Evaluate the performance of your system.
One possible approach is the following. Take ten objects, putting one in view at a time. Move each object to five different unique locations/orientations. Keep track of how the system identifies the object at each location, giving you 50 different evaluations. Build a confusion matrix of the results showing true labels versus classified labels and include that in your report.
- Show more information in your video output, such as the orientation and centroid of the object.
- Add objects to the DB so your system can recognize more objects.
- Enable your system to learn new objects automatically by first detecting whether an object is known or unkown, and then collecting statistics for it if the object is unknown.

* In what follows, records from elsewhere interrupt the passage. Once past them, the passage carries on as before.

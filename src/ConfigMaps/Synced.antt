-- ===== src/ConfigMaps/Synced.antt =====
-- A config map is there if and only if it is required, with the entry and the labels.
use oadp_operator.Prelude.{
  ◌≡◌, refl, sym, ap, ◌∙◌, String, Bool, true, false, Option, none, some, lookup, lookup-insert,
  arith, eq_refl,
}
use oadp_operator.Cluster.{
  not_found, already_exists, conflict, other, Attempt, success, failure, ok, err, M, ◌>>=◌, pure,
  Tried, returned, failed, Operation, op_none, op_created, op_updated, op_other,
}
use oadp_operator.Cluster.Moves.{
  Moves, Moves-pure, Moves-bind, Moves-attempt, Moves-raise, Moves-mono, RepliedTo, OrFailed,
  Moves-tried, world_of,
}
use oadp_operator.Cluster.Yields.{Yields, Yields-pure, Yields-raise, Yields-option}
use oadp_operator.Common.{or_empty}
use oadp_operator.Process.{is_not_found}
use oadp_operator.ConfigMaps.{
  ConfigMap, Configs, Owner, Kind, map_name, map_labels, filled_map, update_map, after_delete_map,
  after_get_map, report_map, after_patch_map, reconcile_map, event,
}

abbrev IsReturned : {A : Type 0} → Tried A → Type 0
IsReturned (returned a) = Unit {0}
IsReturned (failed e) = ⊥

-- What the cluster does with one config map.
pub record ServesMap (c : Configs) (namespace name : String) (stored : c.World → Option ConfigMap)
    : Type 1 where
  pub get_finds :
      (w v : c.World) (m : ConfigMap)
      → c.get_config_map namespace name w ≡ ok m v
      → stored v ≡ stored w
  pub get_misses :
      (w v : c.World) → c.get_config_map namespace name w ≡ err not_found v → stored v ≡ none
  pub delete_removes :
      (w v : c.World) (u : Unit {0})
      → c.delete_config_map namespace name w ≡ ok u v
      → stored v ≡ none
  pub delete_misses :
      (w v : c.World) → c.delete_config_map namespace name w ≡ err not_found v → stored v ≡ none
  pub event_leaves : (n r : String) (w : c.World) → stored (c.record_map_event n r w) ≡ stored w
  -- CreateOrPatch stores what the function returns.
  pub patch_stores :
      (P : ConfigMap → Type 0) (f : ConfigMap → M c.World ConfigMap)
      → ((m : ConfigMap) → Yields P (f m))
      → Moves
          (λ w r v. (stored v ≡ some r.1) × P r.1)
          (c.create_or_patch_config_map namespace name f)

-- The entry, the labels and the name of a map.
pub record IsFilled (kind : Kind) (dpa : Owner) (json : Option String) (m : ConfigMap)
    : Type 0 where
  pub has_entry : lookup kind.key (or_empty m.content) ≡ json
  pub has_labels : m.meta.labels ≡ some (map_labels kind dpa)
  pub has_name : m.meta.name ≡ map_name kind dpa
  pub has_namespace : m.meta.namespace ≡ dpa.namespace

module _ (c : Configs) (dpa : Owner) where
  update_map-IsFilled :
      (kind : Kind) (json : Option String) (m : ConfigMap)
      → Yields (IsFilled kind dpa json) (update_map c dpa kind json m)
  unfolding update_map filled_map
  update_map-IsFilled kind json m =
      Yields-option (c.own_map dpa.name m.meta) _ _ (λ e. Yields-raise _)
        (λ meta e.
          Yields-option json _ _ (λ e. Yields-raise _)
            (λ text e. Yields-pure (filled_map kind dpa text meta m) (record {
              has_entry = ground (
                arith,
                lookup-insert kind.key kind.key text (or_empty m.content),
                eq_refl kind.key,
                e,
              );
              has_labels = refl;
              has_name = refl;
              has_namespace = refl;
            })))

  module _ (kind : Kind) (stored : c.World → Option ConfigMap)
      (serves : ServesMap c dpa.namespace (map_name kind dpa) stored) where
    -- Whether the map is there as it should be.
    abbrev pub Synced : Bool → Option String → c.World → Type 0
    Synced true json w = (m : ConfigMap) × (stored w ≡ some m) × IsFilled kind dpa json m
    Synced false json w = stored w ≡ none

    event-Moves : (reason : String) → Moves (λ w a v. stored v ≡ stored w) (event c dpa kind reason)
    event-Moves reason = record {
      at = λ s t a e.
          ap stored (ap (world_of s.world) (sym e))
          ∙ serves.event_leaves (map_name kind dpa) reason s.world;
    }

    noted :
        (reason : String)
        → Moves
            (λ w a v. (a ≡ true) × (stored v ≡ stored w))
            (event c dpa kind reason >>= λ u. pure true)
    noted reason =
        Moves-bind {S = λ u w a v. (a ≡ true) × (v ≡ w)} _ _ (event-Moves reason)
          (λ u. Moves-pure true) (λ w u v a b p q. (q.0, ap stored q.1 ∙ p))

    report_map-Moves :
        (op : Operation)
        → Moves (λ w a v. (a ≡ true) × (stored v ≡ stored w)) (report_map c dpa kind op)
    unfolding report_map
    report_map-Moves op_none = Moves-mono _ (Moves-pure true) (λ w v a p. (p.0, ap stored p.1))
    report_map-Moves op_created = noted kind.created
    report_map-Moves op_updated = noted kind.updated
    report_map-Moves op_other = Moves-mono _ (Moves-pure true) (λ w v a p. (p.0, ap stored p.1))

    -- What a delete call answers, that leads on.
    abbrev Absent : {A : Type 0} → Attempt A → c.World → Type 0
    Absent (success u) w = stored w ≡ none
    Absent (failure not_found) w = stored w ≡ none
    Absent (failure already_exists) w = Unit {0}
    Absent (failure conflict) w = Unit {0}
    Absent (failure (other text)) w = Unit {0}

    after_delete_map-Moves :
        (r : Attempt (Unit {0}))
        → Moves
            (λ w a v. (a ≡ true) × (Absent r w → stored v ≡ none))
            (after_delete_map c dpa kind r)
    unfolding after_delete_map is_not_found
    after_delete_map-Moves (success u) =
        Moves-mono _ (noted kind.deleted) (λ w v a p. (p.0, λ gone. p.1 ∙ gone))
    after_delete_map-Moves (failure not_found) =
        Moves-mono _ (Moves-pure true) (λ w v a p. (p.0, λ gone. ap stored p.1 ∙ gone))
    after_delete_map-Moves (failure already_exists) = Moves-raise _
    after_delete_map-Moves (failure conflict) = Moves-raise _
    after_delete_map-Moves (failure (other text)) = Moves-raise _

    deleted :
        (w v : c.World) (r : Attempt (Unit {0}))
        → RepliedTo (c.delete_config_map dpa.namespace (map_name kind dpa)) w r v
        → Absent r v
    deleted w v (success u) e = serves.delete_removes w v u e
    deleted w v (failure not_found) e = serves.delete_misses w v e
    deleted w v (failure already_exists) e = tt
    deleted w v (failure conflict) e = tt
    deleted w v (failure (other text)) e = tt

    abbrev Missed : Attempt ConfigMap → c.World → Type 0
    Missed (success m) w = Unit {0}
    Missed (failure not_found) w = stored w ≡ none
    Missed (failure already_exists) w = Unit {0}
    Missed (failure conflict) w = Unit {0}
    Missed (failure (other text)) w = Unit {0}

    after_get_map-Moves :
        (r : Attempt ConfigMap)
        → Moves (λ w a v. (a ≡ true) × (Missed r w → stored v ≡ none)) (after_get_map c dpa kind r)
    unfolding after_get_map is_not_found
    after_get_map-Moves (success m) =
        Moves-bind _ _ (Moves-attempt _) after_delete_map-Moves
          (λ w u v a b p q. (q.0, λ t. q.1 (deleted w u a p)))
    after_get_map-Moves (failure not_found) =
        Moves-mono _ (Moves-pure true) (λ w v a p. (p.0, λ gone. ap stored p.1 ∙ gone))
    after_get_map-Moves (failure already_exists) = Moves-raise _
    after_get_map-Moves (failure conflict) = Moves-raise _
    after_get_map-Moves (failure (other text)) = Moves-raise _

    looked :
        (w v : c.World) (r : Attempt ConfigMap)
        → RepliedTo (c.get_config_map dpa.namespace (map_name kind dpa)) w r v
        → Missed r v
    looked w v (success m) e = tt
    looked w v (failure not_found) e = serves.get_misses w v e
    looked w v (failure already_exists) e = tt
    looked w v (failure conflict) e = tt
    looked w v (failure (other text)) e = tt

    after_patch_map-Moves :
        (r : Tried (Operation × ConfigMap))
        → Moves
            (λ w a v. (a ≡ true) × (stored v ≡ stored w) × IsReturned r)
            (after_patch_map c dpa kind r)
    unfolding after_patch_map
    after_patch_map-Moves (returned made) =
        Moves-mono _ (report_map-Moves made.0) (λ w v a p. (p.0, p.1, tt))
    after_patch_map-Moves (failed e) = Moves-raise _

    patched :
        (json : Option String) (w u v : c.World) (r : Tried (Operation × ConfigMap))
        → OrFailed (λ w r v. (stored v ≡ some r.1) × IsFilled kind dpa json r.1) w r u
        → IsReturned r
        → stored v ≡ stored u
        → Synced true json v
    patched json w u v (returned made) p d q = (made.1, q ∙ p.0, p.1)
    patched json w u v (failed e) p d q = absurd d

    -- If the reconciliation of a config map returns without an error, it returns true, and the map is
    -- there if it is required, with its entry, labels and name, and is not there if it is not. This
    -- is of a cluster that does what ServesMap says.
    pub reconcile_map_syncs :
        (required : Bool) (json : Option String)
        → Moves
            (λ w a v. (a ≡ true) × Synced required json v)
            (reconcile_map c dpa kind required json)
    unfolding reconcile_map
    reconcile_map_syncs true json =
        Moves-bind _ _
          (Moves-tried _ _ (
            serves.patch_stores (IsFilled kind dpa json) (update_map c dpa kind json)
              (update_map-IsFilled kind json)))
          after_patch_map-Moves (λ w u v r a p q. (q.0, patched json w u v r p q.2 q.1))
    reconcile_map_syncs false json =
        Moves-bind _ _ (Moves-attempt _) after_get_map-Moves
          (λ w u v r a p q. (q.0, q.1 (looked w u r p)))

- Experiment with more classifiers and/or distance metrics for comparing feature vectors.
For this project, make a wiki page that begins by explaining your overall pipeline for OR. Your audience is your fellow CS majors not in the course.
Explain the features you used for the OR process, how you computed them, and the classification methods you tested. Your audience for this section is other students in the course.
Your project report should include the images of 5 objects of your choice from your training set and then images of the same 5 objects being recognized by the system.
The final piece of your report should provide a quantitative metric that describes the performance of the system on the OR task.
If you did any extensions, describe the algorithms and show at least one example for each extension.
Give your wiki page the label: cs365s16project03
Put a zip file or tar file of your code in your Private Courses handin directory.